Frequently Asked Questions

Why is pandas not enough?

pandas, thanks to its unrivaled speed and flexibility, has emerged as the premier python package for working with labeled arrays. So why are we contributing to further fragmentation in the ecosystem for working with data arrays in Python?

Sometimes, we really want to work with collections of higher dimensional array (ndim > 2), or arrays for which the order of dimensions (e.g., columns vs rows) shouldn’t really matter. For example, climate and weather data is often natively expressed in 4 or more dimensions: time, x, y and z.

Pandas does support N-dimensional panels, but the implementation is very limited:

  • You need to create a new factory type for each dimensionality.
  • You can’t do math between NDPanels with different dimensionality.
  • Each dimension in a NDPanel has a name (e.g., ‘labels’, ‘items’, ‘major_axis’, etc.) but the dimension names refer to order, not their meaning. You can’t specify an operation as to be applied along the “time” axis.

Fundamentally, the N-dimensional panel is limited by its context in pandas’s tabular model, which treats a 2D DataFrame as a collections of 1D Series, a 3D Panel as a collection of 2D DataFrame, and so on. pandas gets a lot of things right, but scientific users need fully multi- dimensional data structures.

Should I use xray instead of pandas?

It’s not an either/or choice! xray provides robust support for converting back and forth between the tabular data-structures of pandas and its own multi-dimensional data-structures.

That said, you should only bother with xray if some aspect of data is fundamentally multi-dimensional. If your data is unstructured or one-dimensional, stick with pandas, which is a more developed toolkit for doing data analysis in Python.

What is your approach to metadata?

We are firm believers in the power of labeled data! In addition to dimensions and coordinates, xray supports arbitrary metadata in the form of global (Dataset) and variable specific (DataArray) attributes (attrs).

Automatic interpretation of labels is powerful but also reduces flexibility. With xray, we draw a firm line between labels that the library understands (dims and coords) and labels for users and user code (attrs). For example, we do not automatically intrepret and enforce units or CF conventions. (An exception is serialization to netCDF with cf_conventions=True.)

An implication of this choice is that we do not propagate attrs through most operations unless explicitly flagged (some methods have a keep_attrs option). Similarly, xray usually drops conflicting attrs when combining arrays and datasets instead of raising an exception, unless explicitly requested with the option compat='identical'. The guiding principle is that metadata should not be allowed to get in the way.

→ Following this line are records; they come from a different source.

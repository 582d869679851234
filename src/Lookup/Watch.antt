-- ===== src/Lookup/Watch.antt =====
-- src/lookup.c: the sockets of c-ares in the event library, and its channel. `set_timeout` is
-- picoev_set_timeout, and `ready` the test of the loop (ready_trampoline) that add_event makes.
pub mod Masks
mod Tests
use jega.Base.{if◌then◌else◌, Run, fault, ok, ℕ, Bool, true, false, ◌||◌, Option, none, some}
use jega.Events.{
  Picoev, Io, read_event, write_event, readwrite_event, is_active_event, add_event, del_event,
}
use jega.Calls.{set_timeout}

-- `channel` says that loop->channel is not destroyed, and `raised` that an exception is set.
pub record Resolving (P : Picoev) : Type 0 where
  pub io : Io P.State
  pub channel : Bool
  pub raised : Bool

-- What the code calls of c-ares; each call may call state_cb, and the callbacks of lookups. `true` is
-- ARES_SUCCESS, and `none` is ARES_SOCKET_BAD.
pub record Ares (P : Picoev) : Type 0 where
  pub library_init : Resolving P → Bool × Resolving P
  pub library_cleanup : Resolving P → Resolving P
  pub init_options : Resolving P → Bool × Resolving P
  pub destroy : Resolving P → Resolving P
  pub process_fd : Option ℕ → Option ℕ → Resolving P → Resolving P

abbrev pub check_interval : ℕ
check_interval = 1

-- The bits of `event`: 0, PICOEV_READ, PICOEV_WRITE, or both.
abbrev pub event_of : Bool → Bool → ℕ
event_of true true = readwrite_event
event_of true false = read_event
event_of false true = write_event
event_of false false = 0

-- An event as process_callback looks at it.
pub record Seen : Type 0 where
  pub is_err : Bool
  pub is_read : Bool
  pub is_write : Bool

module _ (P : Picoev) where
  -- The handler is process_callback, with the loop.
  unfoldable pub state_cb :
      (Io P.State → Bool × Io P.State) → Io P.State → ℕ → Bool → Bool → Io P.State
  state_cb ready l fd read write =
      let watched = (add_event P ready l fd (event_of read write) check_interval 0 0).1 in
      if read || write then if is_active_event P l fd then l else watched else del_event P l fd

  module _ (a : Ares P) (set_timeout : P.State → ℕ → ℕ → P.State) where
    abbrev pub opened : Bool × Resolving P → Bool × Resolving P
    opened (true, s) = (true, record s { channel = true })
    opened (false, s) = (false, record s { raised = true })

    -- `false` is the result -1. A channel that is not made leaves the pointer as it was.
    unfoldable pub init_channel : Resolving P → Bool × Resolving P
    init_channel s = opened (a.init_options s)

    abbrev pub cleaned : Bool × Resolving P → Bool × Resolving P
    cleaned (true, s) = (true, s)
    cleaned (false, s) = (false, a.library_cleanup s)

    abbrev pub with_library : Bool × Resolving P → Bool × Resolving P
    with_library (true, s) = cleaned (init_channel s)
    with_library (false, s) = (false, record s { raised = true })

    pub init_lookup : Resolving P → Bool × Resolving P
    init_lookup s = with_library (a.library_init s)

    pub reset_channel : Resolving P → Bool × Resolving P
    reset_channel s = init_lookup (a.library_cleanup s)

    abbrev pub process : Option ℕ → Option ℕ → Resolving P → Run (Resolving P)
    process readfd writefd s = if s.channel then ok (a.process_fd readfd writefd s) else fault

    -- What init_channel answers is not looked at.
    unfoldable pub process_callback : ℕ → Seen → Resolving P → Run (Resolving P)
    process_callback fd events s =
        let lost = record s { io = del_event P s.io fd; raised = true } in
        let closed = record (a.destroy lost) { channel = false } in
        let waits = record s {
          io = record s.io { main_loop = set_timeout s.io.main_loop fd check_interval };
        } in
        if events.is_err
        then process none none (init_channel closed).1
        else process (if events.is_read then some fd else none)
            (if events.is_write then some fd else none) waits
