-- ===== src/Lookup/Watch/Masks.antt =====
-- src/lookup.c: which events of a socket of c-ares are watched.
use jega.Base.{
  if◌then◌else◌, fault, ok, ℕ, ◌≡◌, refl, ap, ◌∙◌, Bool, true, false, none, List, [], ◌∷◌,
}
use jega.Events.{Picoev, Io, add_event, del_event}
use jega.Lookup.Watch.{
  Resolving, Ares, check_interval, event_of, Seen, state_cb, opened, init_channel, process_callback,
}
use jega.Calls.{set_timeout}

-- What c-ares asks for: to read, to write, or both.
pub data Wish : Type 0 where
  to_read to_write to_both : Wish

abbrev pub reads : Wish → Bool
reads to_read = true
reads to_write = false
reads to_both = true

abbrev pub writes : Wish → Bool
writes to_read = false
writes to_write = true
writes to_both = true

module _ (P : Picoev) (ready : Io P.State → Bool × Io P.State) where
  unfoldable pub wishes : List Wish → ℕ → Io P.State → Io P.State
  wishes [] fd l = l
  wishes (w ∷ ws) fd l = wishes ws fd (state_cb P ready l fd (reads w) (writes w))

  abbrev started : Io P.State → ℕ → Wish → Io P.State
  started l fd w = (add_event P ready l fd (event_of (reads w) (writes w)) check_interval 0 0).1

opened-channel :
    (P : Picoev) (a : Ares P) (set_timeout : P.State → ℕ → ℕ → P.State) (r : Bool × Resolving P)
    → r.0 ≡ false
    → (opened P a set_timeout r).1.channel ≡ r.1.channel
opened-channel P a set_timeout (true, s) e = absurd (cc e)
opened-channel P a set_timeout (false, s) e = refl

-- When an error is reported and no new channel can be made, the destroyed one is used.
pub process_callback-dangles :
    (P : Picoev) (a : Ares P) (set_timeout : P.State → ℕ → ℕ → P.State) (fd : ℕ) (events : Seen)
    (s : Resolving P)
    → events.is_err ≡ true
    → ((t : Resolving P) → (a.init_options t).0 ≡ false)
    → ((t : Resolving P) → (a.init_options t).1.channel ≡ t.channel)
    → process_callback P a set_timeout fd events s ≡ fault
unfolding process_callback init_channel
process_callback-dangles P a set_timeout fd events s err fails same =
    let lost = record s { io = del_event P s.io fd; raised = true } in
    let closed = record (a.destroy lost) { channel = false } in
    let gone : (init_channel P a set_timeout closed).1.channel ≡ false =
      opened-channel P a set_timeout (a.init_options closed) (fails closed) ∙ same closed in
    rw err (
      ap
        (λ b.
          if b then ok (a.process_fd none none (init_channel P a set_timeout closed).1) else fault)
        gone)
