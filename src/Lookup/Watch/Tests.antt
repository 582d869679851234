-- ===== src/Lookup/Watch/Tests.antt =====
-- Wishes of c-ares for the descriptor 3, and the theorems there.
use jega.Base.{fault, ◌≡◌, refl, Bool, true, false, [], ◌∷◌}
use jega.Events.{Io, is_active_event, add_event, del_event}
use jega.Events.Sample.{Arrays, arrays, idle}
use jega.Lookup.Watch.{Ares, state_cb, process_callback}
use jega.Lookup.Watch.Masks.{to_read, wishes, process_callback-dangles}

abbrev always : Io Arrays → Bool × Io Arrays
always l = (true, l)

-- Without a wish it is let go.
released :
    arrays.is_active
      (state_cb arrays always (wishes arrays always (to_read ∷ []) 3 idle) 3 false false).main_loop
      3
    ≡ false
unfolding state_cb wishes del_event is_active_event add_event
released = refl

abbrev refuses : Ares arrays
refuses = record {
  library_init = λ s. (true, s);
  library_cleanup = λ s. s;
  init_options = λ s. (false, s);
  destroy = λ s. s;
  process_fd = λ r w s. s;
}

dangles :
    process_callback arrays refuses
      (λ s fd t. s)
      3
      (record { is_err = true; is_read = false; is_write = false })
      (record { io = idle; channel = true; raised = false })
    ≡ fault
dangles =
    process_callback-dangles arrays refuses (λ s fd t. s) 3
      (record { is_err = true; is_read = false; is_write = false })
      (record { io = idle; channel = true; raised = false }) refl (λ t. refl) (λ t. refl)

Does xray support out-of-core computation?

Not yet! Distributed and out-of-memory computation is certainly something we’re excited, but for now we have focused on making xray a full-featured tool for in-memory analytics (like pandas).

We have some ideas for what out-of-core support could look like (probably through an library like biggus or Blaze), but we’re not there yet. An intermediate step would be supporting incremental writes to a Dataset linked to a NetCDF file on disk.